* _What needs to be done_
Should a line below contain the word "number", report it.

[Stored records]

◇ ◇ ◇ ◇ ◇ ◇ ◇

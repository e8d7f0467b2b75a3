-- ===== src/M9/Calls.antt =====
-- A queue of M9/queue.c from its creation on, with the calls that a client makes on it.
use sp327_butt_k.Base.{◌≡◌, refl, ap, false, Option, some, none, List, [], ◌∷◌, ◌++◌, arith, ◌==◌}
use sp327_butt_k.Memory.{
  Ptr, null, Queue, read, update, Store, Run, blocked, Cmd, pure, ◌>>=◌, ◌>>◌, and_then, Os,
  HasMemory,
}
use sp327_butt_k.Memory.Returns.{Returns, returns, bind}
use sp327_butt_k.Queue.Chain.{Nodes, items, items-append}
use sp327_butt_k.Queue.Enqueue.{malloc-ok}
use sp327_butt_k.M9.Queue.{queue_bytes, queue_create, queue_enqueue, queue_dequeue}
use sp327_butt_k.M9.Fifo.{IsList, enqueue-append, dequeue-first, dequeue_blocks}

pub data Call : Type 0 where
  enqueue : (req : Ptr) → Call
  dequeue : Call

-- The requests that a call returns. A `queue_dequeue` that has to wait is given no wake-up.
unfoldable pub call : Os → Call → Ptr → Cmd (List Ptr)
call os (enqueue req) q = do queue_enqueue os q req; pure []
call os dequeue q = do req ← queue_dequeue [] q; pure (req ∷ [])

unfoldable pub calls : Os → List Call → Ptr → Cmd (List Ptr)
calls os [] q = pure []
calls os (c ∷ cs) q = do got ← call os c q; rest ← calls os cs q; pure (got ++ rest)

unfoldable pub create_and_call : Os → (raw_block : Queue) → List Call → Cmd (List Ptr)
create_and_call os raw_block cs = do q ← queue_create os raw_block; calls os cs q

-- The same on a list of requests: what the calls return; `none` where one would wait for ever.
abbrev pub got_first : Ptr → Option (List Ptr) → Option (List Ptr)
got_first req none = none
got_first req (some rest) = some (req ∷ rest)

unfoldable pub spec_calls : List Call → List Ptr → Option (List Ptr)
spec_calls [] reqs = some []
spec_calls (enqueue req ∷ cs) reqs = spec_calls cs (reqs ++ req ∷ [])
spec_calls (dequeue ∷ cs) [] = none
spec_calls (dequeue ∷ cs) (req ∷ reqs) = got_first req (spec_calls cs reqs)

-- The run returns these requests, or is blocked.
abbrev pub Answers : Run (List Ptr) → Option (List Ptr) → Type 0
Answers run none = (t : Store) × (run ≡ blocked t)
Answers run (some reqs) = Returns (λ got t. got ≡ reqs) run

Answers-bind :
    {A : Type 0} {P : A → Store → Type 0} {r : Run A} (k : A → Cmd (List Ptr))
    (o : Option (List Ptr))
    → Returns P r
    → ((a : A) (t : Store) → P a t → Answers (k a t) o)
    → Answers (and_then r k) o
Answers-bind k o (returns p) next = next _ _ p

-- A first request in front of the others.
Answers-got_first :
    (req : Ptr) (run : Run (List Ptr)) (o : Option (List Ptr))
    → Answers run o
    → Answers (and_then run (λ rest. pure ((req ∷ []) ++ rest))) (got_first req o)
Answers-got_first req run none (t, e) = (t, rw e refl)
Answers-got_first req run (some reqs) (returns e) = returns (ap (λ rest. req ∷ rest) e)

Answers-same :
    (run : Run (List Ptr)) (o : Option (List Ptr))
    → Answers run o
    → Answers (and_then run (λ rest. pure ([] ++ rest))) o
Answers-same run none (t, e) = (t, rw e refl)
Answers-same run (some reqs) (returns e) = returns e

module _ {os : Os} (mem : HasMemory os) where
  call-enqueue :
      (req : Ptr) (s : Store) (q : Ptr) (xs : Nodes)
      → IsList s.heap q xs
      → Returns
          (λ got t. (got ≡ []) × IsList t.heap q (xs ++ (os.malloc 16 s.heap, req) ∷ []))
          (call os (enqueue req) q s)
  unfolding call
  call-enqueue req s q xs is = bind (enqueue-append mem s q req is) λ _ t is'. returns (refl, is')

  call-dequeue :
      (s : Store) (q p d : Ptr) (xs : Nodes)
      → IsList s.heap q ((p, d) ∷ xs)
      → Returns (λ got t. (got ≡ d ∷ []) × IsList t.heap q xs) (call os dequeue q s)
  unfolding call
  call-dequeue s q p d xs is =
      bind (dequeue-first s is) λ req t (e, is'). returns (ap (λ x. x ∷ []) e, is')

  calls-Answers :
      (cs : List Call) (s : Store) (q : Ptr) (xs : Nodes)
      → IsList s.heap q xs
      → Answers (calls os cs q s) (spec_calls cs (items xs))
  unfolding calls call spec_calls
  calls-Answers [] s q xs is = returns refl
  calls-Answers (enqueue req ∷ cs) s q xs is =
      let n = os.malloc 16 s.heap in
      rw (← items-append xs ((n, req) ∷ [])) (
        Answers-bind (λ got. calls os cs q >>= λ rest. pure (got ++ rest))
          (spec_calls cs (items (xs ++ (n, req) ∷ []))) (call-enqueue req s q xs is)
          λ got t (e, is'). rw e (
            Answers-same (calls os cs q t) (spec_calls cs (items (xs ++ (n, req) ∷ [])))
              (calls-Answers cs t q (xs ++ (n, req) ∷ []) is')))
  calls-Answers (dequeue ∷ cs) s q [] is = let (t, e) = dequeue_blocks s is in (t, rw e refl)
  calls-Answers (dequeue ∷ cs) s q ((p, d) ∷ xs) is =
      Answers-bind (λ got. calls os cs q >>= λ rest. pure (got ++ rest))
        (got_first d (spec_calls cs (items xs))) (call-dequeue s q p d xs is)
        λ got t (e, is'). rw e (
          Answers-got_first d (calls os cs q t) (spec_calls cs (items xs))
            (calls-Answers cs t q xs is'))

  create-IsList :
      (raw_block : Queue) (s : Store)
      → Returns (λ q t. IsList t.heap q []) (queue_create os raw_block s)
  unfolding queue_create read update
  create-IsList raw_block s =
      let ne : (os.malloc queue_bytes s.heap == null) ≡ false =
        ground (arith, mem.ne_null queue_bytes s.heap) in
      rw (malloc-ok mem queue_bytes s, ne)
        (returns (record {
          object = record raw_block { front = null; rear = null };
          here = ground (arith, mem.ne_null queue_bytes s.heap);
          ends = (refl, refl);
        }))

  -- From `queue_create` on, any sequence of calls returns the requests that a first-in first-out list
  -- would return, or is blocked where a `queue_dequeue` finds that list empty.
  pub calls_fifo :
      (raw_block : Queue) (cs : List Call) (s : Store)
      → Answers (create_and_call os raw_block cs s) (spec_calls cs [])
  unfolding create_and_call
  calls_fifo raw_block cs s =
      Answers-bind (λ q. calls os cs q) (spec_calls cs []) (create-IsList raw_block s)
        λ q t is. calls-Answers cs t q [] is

◇ ◇ ◇ ◇ ◇ ◇ ◇

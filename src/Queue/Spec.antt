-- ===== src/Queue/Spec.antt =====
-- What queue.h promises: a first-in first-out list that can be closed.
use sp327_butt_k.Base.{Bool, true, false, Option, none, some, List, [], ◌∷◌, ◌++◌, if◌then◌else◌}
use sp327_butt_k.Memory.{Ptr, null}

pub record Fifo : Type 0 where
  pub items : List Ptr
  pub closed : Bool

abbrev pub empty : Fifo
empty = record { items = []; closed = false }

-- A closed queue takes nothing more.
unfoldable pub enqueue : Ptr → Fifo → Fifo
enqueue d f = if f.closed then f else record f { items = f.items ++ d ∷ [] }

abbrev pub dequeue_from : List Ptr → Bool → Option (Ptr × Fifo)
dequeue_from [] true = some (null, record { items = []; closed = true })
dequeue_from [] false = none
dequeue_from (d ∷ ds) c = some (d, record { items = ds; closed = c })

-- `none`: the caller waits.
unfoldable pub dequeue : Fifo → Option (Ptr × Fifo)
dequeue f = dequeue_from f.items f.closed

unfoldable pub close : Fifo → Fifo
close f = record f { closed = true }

◇ ◇ ◇ ◇ ◇ ◇ ◇

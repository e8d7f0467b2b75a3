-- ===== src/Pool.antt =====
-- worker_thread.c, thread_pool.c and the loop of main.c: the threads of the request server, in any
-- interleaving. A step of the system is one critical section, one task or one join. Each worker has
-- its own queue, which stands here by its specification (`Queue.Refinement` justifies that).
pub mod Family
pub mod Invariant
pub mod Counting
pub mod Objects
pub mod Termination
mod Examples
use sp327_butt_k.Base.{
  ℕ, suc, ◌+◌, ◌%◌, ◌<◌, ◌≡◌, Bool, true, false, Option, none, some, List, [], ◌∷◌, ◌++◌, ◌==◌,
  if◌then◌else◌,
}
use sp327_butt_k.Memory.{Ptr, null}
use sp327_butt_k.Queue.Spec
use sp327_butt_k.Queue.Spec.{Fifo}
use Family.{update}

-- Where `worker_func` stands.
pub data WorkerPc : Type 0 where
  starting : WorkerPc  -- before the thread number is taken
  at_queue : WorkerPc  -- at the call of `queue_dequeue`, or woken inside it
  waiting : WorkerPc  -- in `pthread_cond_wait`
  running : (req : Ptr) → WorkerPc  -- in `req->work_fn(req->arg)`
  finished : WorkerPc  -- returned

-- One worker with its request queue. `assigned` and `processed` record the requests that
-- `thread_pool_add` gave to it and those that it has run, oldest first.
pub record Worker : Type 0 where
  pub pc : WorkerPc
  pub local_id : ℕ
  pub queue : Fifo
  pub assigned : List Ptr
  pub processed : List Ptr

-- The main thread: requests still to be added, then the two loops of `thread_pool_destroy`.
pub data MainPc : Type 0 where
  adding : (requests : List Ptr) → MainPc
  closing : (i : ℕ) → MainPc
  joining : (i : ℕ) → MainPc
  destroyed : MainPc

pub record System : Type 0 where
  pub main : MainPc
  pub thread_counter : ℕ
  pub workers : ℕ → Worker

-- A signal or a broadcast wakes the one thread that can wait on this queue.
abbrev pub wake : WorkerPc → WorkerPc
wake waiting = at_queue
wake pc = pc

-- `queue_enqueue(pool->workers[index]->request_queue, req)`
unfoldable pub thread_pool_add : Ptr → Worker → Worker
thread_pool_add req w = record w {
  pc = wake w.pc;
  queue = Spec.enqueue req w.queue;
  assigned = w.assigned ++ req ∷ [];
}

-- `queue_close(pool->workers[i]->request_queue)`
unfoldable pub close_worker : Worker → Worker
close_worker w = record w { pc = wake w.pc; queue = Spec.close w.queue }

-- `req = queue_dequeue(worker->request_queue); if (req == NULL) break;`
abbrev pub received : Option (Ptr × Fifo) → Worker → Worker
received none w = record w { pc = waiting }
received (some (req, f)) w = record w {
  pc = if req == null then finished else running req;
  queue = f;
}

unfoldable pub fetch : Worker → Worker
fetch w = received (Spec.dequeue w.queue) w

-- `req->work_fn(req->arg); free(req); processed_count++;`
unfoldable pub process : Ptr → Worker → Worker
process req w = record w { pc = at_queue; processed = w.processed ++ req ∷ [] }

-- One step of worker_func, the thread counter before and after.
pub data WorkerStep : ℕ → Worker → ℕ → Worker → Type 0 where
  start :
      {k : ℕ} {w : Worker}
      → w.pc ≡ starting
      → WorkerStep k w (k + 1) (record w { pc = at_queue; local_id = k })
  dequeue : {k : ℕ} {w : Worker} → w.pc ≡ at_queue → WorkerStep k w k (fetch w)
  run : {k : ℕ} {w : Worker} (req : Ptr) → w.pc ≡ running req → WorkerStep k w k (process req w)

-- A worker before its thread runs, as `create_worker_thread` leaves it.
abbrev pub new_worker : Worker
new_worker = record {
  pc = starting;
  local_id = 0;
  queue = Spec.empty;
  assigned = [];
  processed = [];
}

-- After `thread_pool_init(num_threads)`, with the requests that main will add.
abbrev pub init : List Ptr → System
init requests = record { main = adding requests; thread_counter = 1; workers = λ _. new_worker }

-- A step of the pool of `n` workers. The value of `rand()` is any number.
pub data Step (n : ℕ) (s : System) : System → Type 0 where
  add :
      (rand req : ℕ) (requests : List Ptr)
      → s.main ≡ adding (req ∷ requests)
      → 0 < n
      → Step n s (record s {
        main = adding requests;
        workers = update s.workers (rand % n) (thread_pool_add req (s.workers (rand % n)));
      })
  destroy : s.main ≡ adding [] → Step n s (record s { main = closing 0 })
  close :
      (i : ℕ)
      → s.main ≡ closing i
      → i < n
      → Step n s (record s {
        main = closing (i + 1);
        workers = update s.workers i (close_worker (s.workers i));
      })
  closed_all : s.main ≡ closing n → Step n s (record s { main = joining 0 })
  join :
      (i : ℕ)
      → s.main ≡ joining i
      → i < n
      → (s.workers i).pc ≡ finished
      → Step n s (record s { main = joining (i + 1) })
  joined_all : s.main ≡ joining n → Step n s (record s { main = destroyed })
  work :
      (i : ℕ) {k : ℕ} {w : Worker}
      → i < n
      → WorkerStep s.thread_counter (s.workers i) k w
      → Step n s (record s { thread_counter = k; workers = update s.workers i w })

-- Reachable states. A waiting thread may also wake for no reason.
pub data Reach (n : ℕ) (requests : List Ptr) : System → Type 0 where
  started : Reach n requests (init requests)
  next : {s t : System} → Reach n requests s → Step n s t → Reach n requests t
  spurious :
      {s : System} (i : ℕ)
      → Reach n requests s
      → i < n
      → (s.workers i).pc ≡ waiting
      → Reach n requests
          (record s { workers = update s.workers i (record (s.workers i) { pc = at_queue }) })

◇ ◇ ◇ ◇ ◇ ◇ ◇

* _Output below_
  starting : WorkerPc  -- before the thread number is taken
-- A step of the pool of `n` workers. The value of `rand()` is any number.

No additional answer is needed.